We will review course material and discuss the kind of questions that students will be asked to consider on the mid-term exam.

16 October (Thursday) Mid term exam

21 October (Tuesday) Mid Term Review and Lessons in Living [1944 NFB film]

We'll review the mid term exam and discuss strategies for preparing for the final exam. Then we'll look at a 1944 film that celebrates many of the hallmarks of progressivism, including co-operativism and the consolidation of rual school districts. Lessons in Living was made in Lantzville by one of Canada's most distinguished documentary film directors. The film features real pupils, real teachers, real parents, and a real school inspector (the formidable Dr. Plenderleith). But it also features some myth-making and inventions.

23 October (Thursday) Cultures & Identities

As noted earlier, schools were often used as vehicles for social and cultural assimilation. In this session, we'll discuss the school experiences of immigrant groups (Chinese, Japanese, Doukhobors) and First Nations.

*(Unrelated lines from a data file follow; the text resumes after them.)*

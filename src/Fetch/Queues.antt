-- ===== src/Fetch/Queues.antt =====
-- The requests that the server of SP_HW9/52_3 meets, and what arrives in the queue of a client.
use sp_hw.Base.{
  ℕ, suc, ◌≡◌, ◌≢◌, refl, ap, ◌∙◌, true, List, [], ◌∷◌, ◌++◌, Option, if◌then◌else◌, append-nil,
  All, Bytes, str_eq, str_eq_self, str_eq-other, Calls,
}
use sp_hw.Fetch.{serve_request}
use sp_hw.Fetch.Request.{
  named_queue, named_file, Event, interrupted, broken, arrived, server_main, answers,
}

-- No error of `mq_receive` but EINTR.
abbrev pub Unbroken : List Event → Type 0
Unbroken [] = Unit
Unbroken (interrupted ∷ events) = Unbroken events
Unbroken (broken ∷ events) = ⊥
Unbroken (arrived mem ∷ events) = Unbroken events

abbrev pub requests_of : List Event → List Bytes
requests_of [] = []
requests_of (interrupted ∷ events) = requests_of events
requests_of (broken ∷ events) = requests_of events
requests_of (arrived mem ∷ events) = mem ∷ requests_of events

-- Requests of other clients.
abbrev pub Others : Bytes → List Bytes → Type 0
Others own requests = All (λ mem. named_queue mem ≢ own) requests

pub server_main-requests_of :
    (forks : Calls) (k : ℕ) (events : List Event)
    → ((j : ℕ) → forks j ≡ true)
    → Unbroken events
    → server_main forks k events ≡ requests_of events
unfolding server_main
server_main-requests_of forks k [] f h = refl
server_main-requests_of forks k (interrupted ∷ events) f h =
    server_main-requests_of forks k events f h
server_main-requests_of forks k (broken ∷ events) f h = absurd h
server_main-requests_of forks k (arrived mem ∷ events) f h =
    rw (f k) (ap (◌∷◌ mem) (server_main-requests_of forks (suc k) events f h))

pub requests_of-append :
    (front back : List Event) → requests_of (front ++ back) ≡ requests_of front ++ requests_of back
requests_of-append [] back = refl
requests_of-append (interrupted ∷ front) back = requests_of-append front back
requests_of-append (broken ∷ front) back = requests_of-append front back
requests_of-append (arrived mem ∷ front) back = ap (◌∷◌ mem) (requests_of-append front back)

pub Unbroken-append :
    (front : List Event) (mem : Bytes) (back : List Event)
    → Unbroken front
    → Unbroken back
    → Unbroken (front ++ arrived mem ∷ back)
Unbroken-append [] mem back h k = k
Unbroken-append (interrupted ∷ front) mem back h k = Unbroken-append front mem back h k
Unbroken-append (broken ∷ front) mem back h k = absurd h
Unbroken-append (arrived m ∷ front) mem back h k = Unbroken-append front mem back h k

module _ (own before : Bytes) (sends : Calls) (files : Bytes → Option (List Bytes)) where
  pub answers-Others :
      (requests : List Bytes) → Others own requests → answers own before sends files requests ≡ []
  unfolding answers
  answers-Others [] h = refl
  answers-Others (mem ∷ requests) h = rw (str_eq-other (h.0)) (answers-Others requests (h.1))

  answers_cons :
      (mem : Bytes) (requests : List Bytes)
      → answers own before sends files (mem ∷ requests) ≡ (
          if str_eq (named_queue mem) own
          then serve_request true before sends (files (named_file mem))
            ++ answers own before sends files requests
          else answers own before sends files requests)
  unfolding answers
  answers_cons mem requests = refl

  pub answers-own :
      (mem : Bytes) (requests : List Bytes)
      → named_queue mem ≡ own
      → Others own requests
      → answers own before sends files (mem ∷ requests)
        ≡ serve_request true before sends (files (named_file mem))
  answers-own mem requests e h =
      let part = serve_request true before sends (files (named_file mem)) in
      let rest = answers own before sends files requests in
      answers_cons mem requests
      ∙ ap (λ q. if str_eq q own then part ++ rest else rest) e
      ∙ ap (λ b. if b then part ++ rest else rest) (str_eq_self own)
      ∙ ap (λ r. part ++ r) (answers-Others requests h)
      ∙ append-nil part

  pub answers-front :
      (front requests : List Bytes)
      → Others own front
      → answers own before sends files (front ++ requests) ≡ answers own before sends files requests
  unfolding answers
  answers-front [] requests h = refl
  answers-front (mem ∷ front) requests h =
      rw (str_eq-other (h.0)) (answers-front front requests (h.1))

28 October (Tuesday): Kindergarten

In this session we will discuss the influence of Friedrich Froebel, founder of the kindergarten movement, and the success of James Laughlin Hughes in promoting kindergartens in Canada. We'll discuss the growth of kindergartens in British Columbia and look at the first provincial kindergarten curriculum.

30 October (Thursday): Better Babies & Fitter Families

Parents used to enter their infant children in "better baby" competitions held at country fairs and exhibitions (like the PNE in Vancouver). The competitions celebrated maternity, but also reflected a contemporary regard for eugenics.

4 November (Tuesday): Infants & Experts

In this session, we'll look at the role of childcare "experts" and the challenge they posed to "ordinary" parents. We'll also look at the controversy surrounding Canada's most famous children, the Dionne Quintuplets.

6 November (Thursday) High School Culture

High schools became increasingly important as social institutions and defining places of teen-age culture. In this session, we'll look at key components of high school culture, including sports teams, activity clubs and romance.

11 November (Tuesday) Remembrance Day

Class cancelled so that students can commemorate Remembrance Day and participate in Remembrance Day activities.

13 November (Thursday) The Baby Boom Generation

The education system, family life, social attitudes and values were influenced profoundly a cohort of children who grew up in the 1950s and 1960s. In this session, we'll look at the impact and legacy of the baby boom. We'll also consider popular attitudes towards sex education.

18 November (Tuesday) Effective Living

In this sessioin, we'll discuss controversies relating to a 1950s "family values" course called Effective Living.

20 November (Thursday) Your schooling & childhood

You're invited to discuss your recollections of childhood and schooling. Do your experiences relate to any of the themes and topics that we have considered in this course?

25 November (Tuesday) TBA

27 November (Thursday) Last day of Classes: Review and Overview

In this session we'll draw together the various threads of documentation, interpretation, and discussion that have informed previous classes in order to provide a summary of the course.